The writer is an FT contributing editor
In October of 2020, the Kansas banking commission closed down a state bank in Almena, a railroad town just below the border with Nebraska. The Federal Deposit Insurance Corporation, which guarantees consumer deposits at American banks, paid $18mn to make every depositor whole. It was an unremarkable intervention. The banking commission stepped in on a Friday, with no interruption in deposits over the weekend. This was the last time a bank failed in America.
The collapse of the Almena State Bank, and the rescue of its depositors, went unmentioned this week when Nellie Liang, the US Treasury’s under secretary for domestic finance, testified in Congress. Her appearance followed a Treasury report in November on stablecoins, digital assets pegged to a sovereign currency. If you hold a dollar stablecoin — Tether, or the USD Coin, or the Binance USD — you are holding something that’s supposed to be exactly as valuable as a dollar bill.
The Treasury believes that stablecoins could make transferring dollars from one place to another cheaper and more efficient, a development desperately needed and long overdue in America.
But the Treasury also recommended that stablecoins be issued only by insured depository institutions — consumer banks, just like the one in Almena. That is a more contentious proposal, and it is also a question for the very near future. Since January of 2020, the total supply of dollar stablecoins has grown from $6bn to $174bn. For a sense of scale, last quarter, one of the biggest US consumer banks Wells Fargo reported $864bn in consumer deposits. Stablecoin supply is now at almost exactly one-fifth of that — brand-new, liquid financial liabilities that didn’t exist two years ago.
Republicans on the committee argued that forcing stablecoins into FDIC-insured banks would discourage innovation.

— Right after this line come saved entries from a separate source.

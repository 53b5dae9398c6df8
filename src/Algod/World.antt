-- ===== src/Algod/World.antt =====
-- The cluster with its cache, among all that goes on: the nodes boot and monitor, the lists are
-- updated, blocks are loaded and prefetched, and requests go through the cluster and the cache.
pub mod Loads
pub mod Prefetches
use algo_vnode.Prelude.{
  ℕ, ◌≤◌, ◌≡◌, ◌≢◌, refl, sym, ◌∙◌, ap, subst, Bool, true, false, List, Option, none, some, String,
  [], some_unique, arith, ltb, length,
}
use algo_vnode.Algod.Blocks.{load_block_sync, get_block_first, prefetch_notify}
use algo_vnode.Algod.Client.{Reply}
use algo_vnode.Algod.Cluster.{update_node_lists, is_block_in_the_future}
use algo_vnode.Algod.Evolve.Boot.{
  Operates, boots, monitors, lists, loads, requests, Operates-Evolves,
}
use algo_vnode.Algod.Evolve.{Evolves, Evolves-refl, Evolves-trans}
use algo_vnode.Algod.Float.{Float}
use algo_vnode.Algod.Loop.{boot, monitor_turn}
use algo_vnode.Algod.State.{Status, Cluster}
use algo_vnode.Algod.Total.Turns.{turns_return}
use algo_vnode.Algod.Total.{Returns}
use algo_vnode.Algod.World.Loads.{load_block_sync-Returns}
use algo_vnode.Algod.World.Prefetches.{prefetch_turn, prefetch_turn-IsValid, prefetch_turn-Evolves}
use algo_vnode.BlockCache.Lru.{Lru}
use algo_vnode.BlockCache.Reach.{Step-Keeps, add_block-Keeps}
use algo_vnode.BlockCache.Safety.{UnifiedIsValid, Step, get_step-Keeps}
use algo_vnode.BlockCache.Unified.{Get, Wake, add_block, get_step}
use algo_vnode.BlockFetcher.Make.{Codec}
use algo_vnode.BlockFetcher.Wrap.{BlockWrap}

module _ (fl : Float) (lru : Lru) {C : Type 0} (cd : Codec C) where
  pub data World (gs : Cluster fl lru C) : Cluster fl lru C → Type 0 where
    begins : World gs gs
    operates : {g h : Cluster fl lru C} → World gs g → Operates fl lru cd g h → World gs h
    -- A step of the cache that a request makes.
    caches :
        {g : Cluster fl lru C} {u : _}
        → World gs g
        → Step lru g.ucache u
        → World gs (record g { ucache = u })
    prefetches :
        {g : Cluster fl lru C} → World gs g → (now : ℕ) → World gs (prefetch_turn fl lru now g)

  cached-Evolves : (g : Cluster fl lru C) (u : _) → Evolves fl lru g (record g { ucache = u })
  cached-Evolves g u = record {
    later = omega arith;
    genesis_kept = λ _. refl;
    one_genesis = λ ok. ok;
  }

  pub World-Evolves : {gs g : Cluster fl lru C} → World gs g → Evolves fl lru gs g
  World-Evolves {gs} begins = Evolves-refl fl lru gs
  World-Evolves {gs} (operates {g = g} {h = h} w o) =
      Evolves-trans fl lru gs g h (World-Evolves w) (Operates-Evolves fl lru cd o)
  World-Evolves {gs} (caches {g = g} {u = u} w s) =
      Evolves-trans fl lru gs g _ (World-Evolves w) (cached-Evolves g u)
  World-Evolves {gs} (prefetches {g = g} w now) =
      Evolves-trans fl lru gs g _ (World-Evolves w) (prefetch_turn-Evolves fl lru now g)

module _ (fl : Float) (lru : Lru) {C : Type 0} (cd : Codec C)
    (sound : (block : C) → cd.generate_block block ≢ none) where
  found-IsValid :
      {A : Type 0} (r : Option (Cluster fl lru C × A)) (g : Cluster fl lru C) (a : A)
      → Returns fl lru r
      → r ≡ some (g, a)
      → UnifiedIsValid lru g.ucache
  found-IsValid r g a (h, b, e, v) f =
      subst (λ x. UnifiedIsValid lru x.0.ucache) (some_unique e f) v

  requests_ucache :
      (round : ℕ) (msgp : Bool) (gs : Cluster fl lru C)
      → gs.ucache ≡ (get_block_first fl lru round msgp gs).0.ucache
  unfolding get_block_first prefetch_notify is_block_in_the_future
  requests_ucache round msgp gs = ground arith

  lists_ucache : (gs : Cluster fl lru C) → gs.ucache ≡ (update_node_lists fl lru gs).ucache
  unfolding update_node_lists
  lists_ucache gs = refl

  Operates-IsValid :
      {g h : Cluster fl lru C}
      → Operates fl lru cd g h
      → UnifiedIsValid lru g.ucache
      → UnifiedIsValid lru h.ucache
  Operates-IsValid {g} {h} (boots now i geneses blocks statuses up e) v =
      found-IsValid _ h up (turns_return fl lru now i cd sound geneses blocks statuses g v).0 e
  Operates-IsValid {g} {h} (monitors now i statuses blocks t e) v =
      found-IsValid _ h t (turns_return fl lru now i cd sound [] blocks statuses g v).1 e
  Operates-IsValid {g} lists v = subst (UnifiedIsValid lru) (lists_ucache g) v
  Operates-IsValid {g} {h} (loads now round replies done e) v =
      found-IsValid _ h done (load_block_sync-Returns fl lru now cd replies sound round g v) e
  Operates-IsValid {g} (requests round msgp) v =
      subst (UnifiedIsValid lru) (requests_ucache round msgp g) v

  World-IsValid :
      {gs g : Cluster fl lru C}
      → UnifiedIsValid lru gs.ucache
      → World fl lru cd gs g
      → UnifiedIsValid lru g.ucache
  World-IsValid v begins = v
  World-IsValid v (operates w o) = Operates-IsValid o (World-IsValid v w)
  World-IsValid v (caches w s) = (Step-Keeps lru (World-IsValid v w) s).valid
  World-IsValid v (prefetches {g = g} w now) =
      prefetch_turn-IsValid fl lru now g (World-IsValid v w)

  returned : {A : Type 0} (r : Option (Cluster fl lru C × A)) → Returns fl lru r → r ≢ none
  returned r (g, a, e, v) n = ground arith

  -- Whatever goes on in the cluster and in its cache, with operations that run as wholes, if the
  -- cache is in order at the start and `GenerateBlock` does not panic, then in every state that
  -- comes about, all that can be done next returns: a boot of any node and a turn of its `Monitor`, whatever it answers, a load of
  -- a block, whatever the nodes answer, a delivery to the cache, and a step of any request of it.
  pub World-goes_on :
      {gs g : Cluster fl lru C}
      → UnifiedIsValid lru gs.ucache
      → World fl lru cd gs g
      → ((now i : ℕ) (geneses : List (Reply String)) (blocks : List (Reply (List ℕ)))
            (statuses : List (Reply Status))
          → (boot fl lru now i cd geneses blocks statuses g ≢ none)
            × (monitor_turn fl lru now i cd statuses blocks g ≢ none))
        × ((now round : ℕ) (replies : ℕ → List (Reply (List ℕ)))
            → load_block_sync fl lru now cd replies round g ≢ none)
        × ((w : BlockWrap C) → add_block lru g.ucache w ≢ none)
        × ((wake : Wake) (round : ℕ) (r : Get C) → get_step lru wake g.ucache round r ≢ none)
  World-goes_on {gs} {g} v w = (
    λ now i geneses blocks statuses.
        let (b, m) = turns_return fl lru now i cd sound geneses blocks statuses g valid in
        (returned _ b, returned _ m),
    λ now round replies.
        returned _ (load_block_sync-Returns fl lru now cd replies sound round g valid),
    λ x n. let (u, e, _) = add_block-Keeps lru g.ucache x valid in ground arith,
    λ wake round r n.
        let (u, s, e, _) = get_step-Keeps lru wake g.ucache round r valid in ground arith,
  )
    where
      valid : UnifiedIsValid lru g.ucache
      valid = World-IsValid v w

But the problem with innovation is that the one form of it financiers most ardently desire is actually just the oldest trick in finance: borrow short-term liabilities, then balance them against long-term assets that are either crummy or do not exist.
Take the Almena State Bank. In 2014, according to a report from FDIC’s inspector general, the bank began an aggressive strategy of taking on government-backed small-business and agricultural loans. The bank decided to sell off the guaranteed portions of the loans, then keep the rest of the risk on the bank’s books. Making a lot of loans quickly is a great way to create non-performing loans, something the Kansas examiners told the Almena State Bank, repeatedly. That’s not innovation. That’s just holding crummy assets.
A stablecoin provider is a bank. It’s not like a bank; it’s a bank. When you buy a stablecoin, you are offering the provider a dollar loan, just like when you deposit a dollar in a bank. And, just like the bank does, the stablecoin provider has to hold enough performing assets to redeem that dollar loan for an actual US dollar on demand. Stablecoins, just like bank deposits, are “runnable” — if people get worried about the quality of a coin provider’s assets, they will take all their dollars back, quickly, all at the same time.
Morgan Ricks, a professor at the Vanderbilt Law School and a former Treasury official, calls this the “money problem” — if you create a financial liability that’s liquid like money, then it’s inherently runnable. If you want to create money, you can choose not to call yourself a bank, but you will still have the money problem. So there’s nothing inherently dodgy about stablecoins. But there is something inherently dodgy about banking, which is why countries build elaborate regulatory regimes to protect deposits.
You can read every regulation as the history of a disaster. In the roaring 1920s in America, several hundred banks failed every year. Consumers had to think carefully about where they deposited their money, because if they made the wrong choice, their deposits would disappear. In 1933, at the peak of the early-Depression banking crisis, 4,000 banks failed. In 1935 the US Congress created the FDIC to protect deposits.
You can say that people are adults and should do their research before buying a dollar stablecoin, but that’s not how financial crises work out in real life. When a lot of people watch what they thought had been money simply disappear, there is unrest. And so countries have learned how to regulate consumer banks aggressively, and plan for when they fail anyway. There are a lot of problems in American finance, but consumer deposits aren’t one of them.
The Treasury Department has proposed to treat stablecoin providers like deposit banks because they are deposit banks, and America has already worked out a system to keep deposits safe. The regulatory goal for stablecoins should be the same as for banks like the Almena State Bank in Kansas: to keep them from failing, and if they must fail, to make sure they fail quietly.